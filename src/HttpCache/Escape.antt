-- ===== src/HttpCache/Escape.antt =====
-- How a char of the host is written, and the test for two dots.
use poplar.Prelude.{
  ℕ, zero, suc, ◌+◌, ◌/◌, ◌%◌, ◌≤◌, ◌<◌, ◌≡◌, inl, inr, refl, ap, ◌∙◌, Bool, true, false, ◌&&◌,
  ◌||◌, List, [], ◌∷◌, ◌++◌, none, some, arith, length, set, take, drop, ltb, not, ◌==◌, bit_and,
  if◌then◌else◌, Bool-cases, lt→ltb, ==_iff, get_or,
}
use poplar.Prelude.Lists.{slice, slice-set}
use poplar.Prelude.Bits.{holds_to, holds_to_at}
use poplar.Prelude.Int.{pos}
use poplar.Run.{ok, load, store}
use poplar.Util.{i2h}
use poplar.HttpCache.{Written, is_escaped, doubled}

abbrev pub hex : ℕ → ℕ
hex k = if ltb k 10 then k + 48 else k + 55

-- A char as it stands in the name of a directory.
abbrev pub escape : ℕ → List ℕ
escape c = if is_escaped c then 37 ∷ hex (c / 16) ∷ hex (c % 16) ∷ [] else c ∷ []

-- The chars up to the first slash.
abbrev pub host_of : List ℕ → List ℕ
host_of [] = []
host_of (c ∷ cs) = if c == 47 then [] else c ∷ host_of cs

abbrev pub encode_host : List ℕ → List ℕ
encode_host [] = []
encode_host (c ∷ cs) = escape c ++ encode_host cs

-- A dot before the first of the chars.
abbrev pub dot_pair : ℕ → List ℕ → Bool
dot_pair c [] = false
dot_pair c (d ∷ cs) = (c == 46) && (d == 46)

-- Somewhere two dots follow each other.
abbrev pub dotdot : List ℕ → Bool
dotdot [] = false
dotdot (c ∷ cs) = dot_pair c cs || dotdot cs

digit_table :
    holds_to
      (λ c.
        (i2h (pos (bit_and c 0xF0 / 16)) == hex (c / 16))
        && (i2h (pos (bit_and c 0x0F)) == hex (c % 16)))
      256
    ≡ true
unfolding holds_to i2h
digit_table = refl

pub digits :
    (c : ℕ)
    → c < 256
    → (i2h (pos (bit_and c 0xF0 / 16)) ≡ hex (c / 16)) × (i2h (pos (bit_and c 0x0F)) ≡ hex (c % 16))
digits c h =
    let t = holds_to_at _ 256 c h digit_table in
    let both : (p q : Bool) → (p && q) ≡ true → (p ≡ true) × (q ≡ true) =
      λ p q e. ground (arith, e) in
    ((==_iff _ _).0 (both _ _ t).0, (==_iff _ _).0 (both _ _ t).1)

pub stored : (out : List ℕ) (j v : ℕ) → j < length out → store out j v ≡ ok (set out j v)
unfolding store
stored out j v h = rw (lt→ltb j (length out) h)

-- A write just past the chars `q` adds to them.
pub grown :
    (out q : List ℕ) (j k v : ℕ)
    → k ≡ j + 1
    → take j out ≡ q
    → j < length out
    → take k (set out j v) ≡ q ++ v ∷ []
unfolding slice
grown out q j k v e t h =
    let next : k ≡ suc j = omega (arith, e) in
    ap (λ (m : ℕ). take m (set out j v)) next
    ∙ slice-set out 0 j j v (omega arith) h
    ∙ ap (λ m. m ++ v ∷ []) t

abbrev pub Puts : ℕ → ℕ → ℕ → List ℕ → ℕ → Written → Type 0
Puts n size j q c (out, none) = (n ≤ j + length (escape c)) × (length out ≡ size)
Puts n size j q c (out, some k) =
    (k ≡ j + length (escape c)) × (k < n) × (take k out ≡ q ++ escape c) × (length out ≡ size)

pub load-drop :
    (url : List ℕ) (i c : ℕ) (cs : List ℕ)
    → drop i url ≡ c ∷ cs
    → (load url i ≡ ok c) × (drop (suc i) url ≡ cs)
unfolding load
load-drop [] zero c cs e = cc
load-drop [] (suc i) c cs e = cc
load-drop (x ∷ url) zero c cs e = (ap (λ m. ok (get_or m 0 x)) e, ap (drop 1) e)
load-drop (x ∷ url) (suc i) c cs e = load-drop url i c cs e

-- The test for two dots looks at the next char where there is one.
pub doubled_lem :
    (url : List ℕ) (len i c : ℕ) (cs : List ℕ)
    → drop i url ≡ c ∷ cs
    → i + length (c ∷ cs) ≡ len
    → doubled url len i c ≡ ok (dot_pair c cs)
unfolding doubled
doubled_lem url len i c [] e h =
    let last : ((c == 46) && not (i + 1 == len)) ≡ false = ground (arith, h) in
    rw (doubled, last) refl
doubled_lem url len i c (d ∷ cs) e h = elim (Bool-cases (c == 46)) [
  | inl y ↦
      let more : not (i + 1 == len) ≡ true = ground (arith, h) in
      let k : i + 1 ≡ suc i = omega arith in
      let read : load url (i + 1) ≡ ok d =
        ap (load url) k ∙ (load-drop url (suc i) d cs (load-drop url i c (d ∷ cs) e).1).0 in
      rw (doubled, y, more, read) refl
  | inr y ↦ rw (doubled, y) refl
]

pub host_dot : (c : ℕ) (cs : List ℕ) → dot_pair c (host_of cs) ≡ dot_pair c cs
host_dot c [] = refl
host_dot c (d ∷ cs) = ground arith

• • • • • • •

● Work request: In the listing above, find the line with "hex (c % 16)))" and the line with "λ p q e. ground (arith, e) in", then print exactly those lines and every line between them.

● The completed task:
        && (i2h (pos (bit_and c 0x0F)) == hex (c % 16)))
      256
    ≡ true
unfolding holds_to i2h
digit_table = refl

pub digits :
    (c : ℕ)
    → c < 256
    → (i2h (pos (bit_and c 0xF0 / 16)) ≡ hex (c / 16)) × (i2h (pos (bit_and c 0x0F)) ≡ hex (c % 16))
digits c h =
    let t = holds_to_at _ 256 c h digit_table in
    let both : (p q : Bool) → (p && q) ≡ true → (p ≡ true) × (q ≡ true) =
      λ p q e. ground (arith, e) in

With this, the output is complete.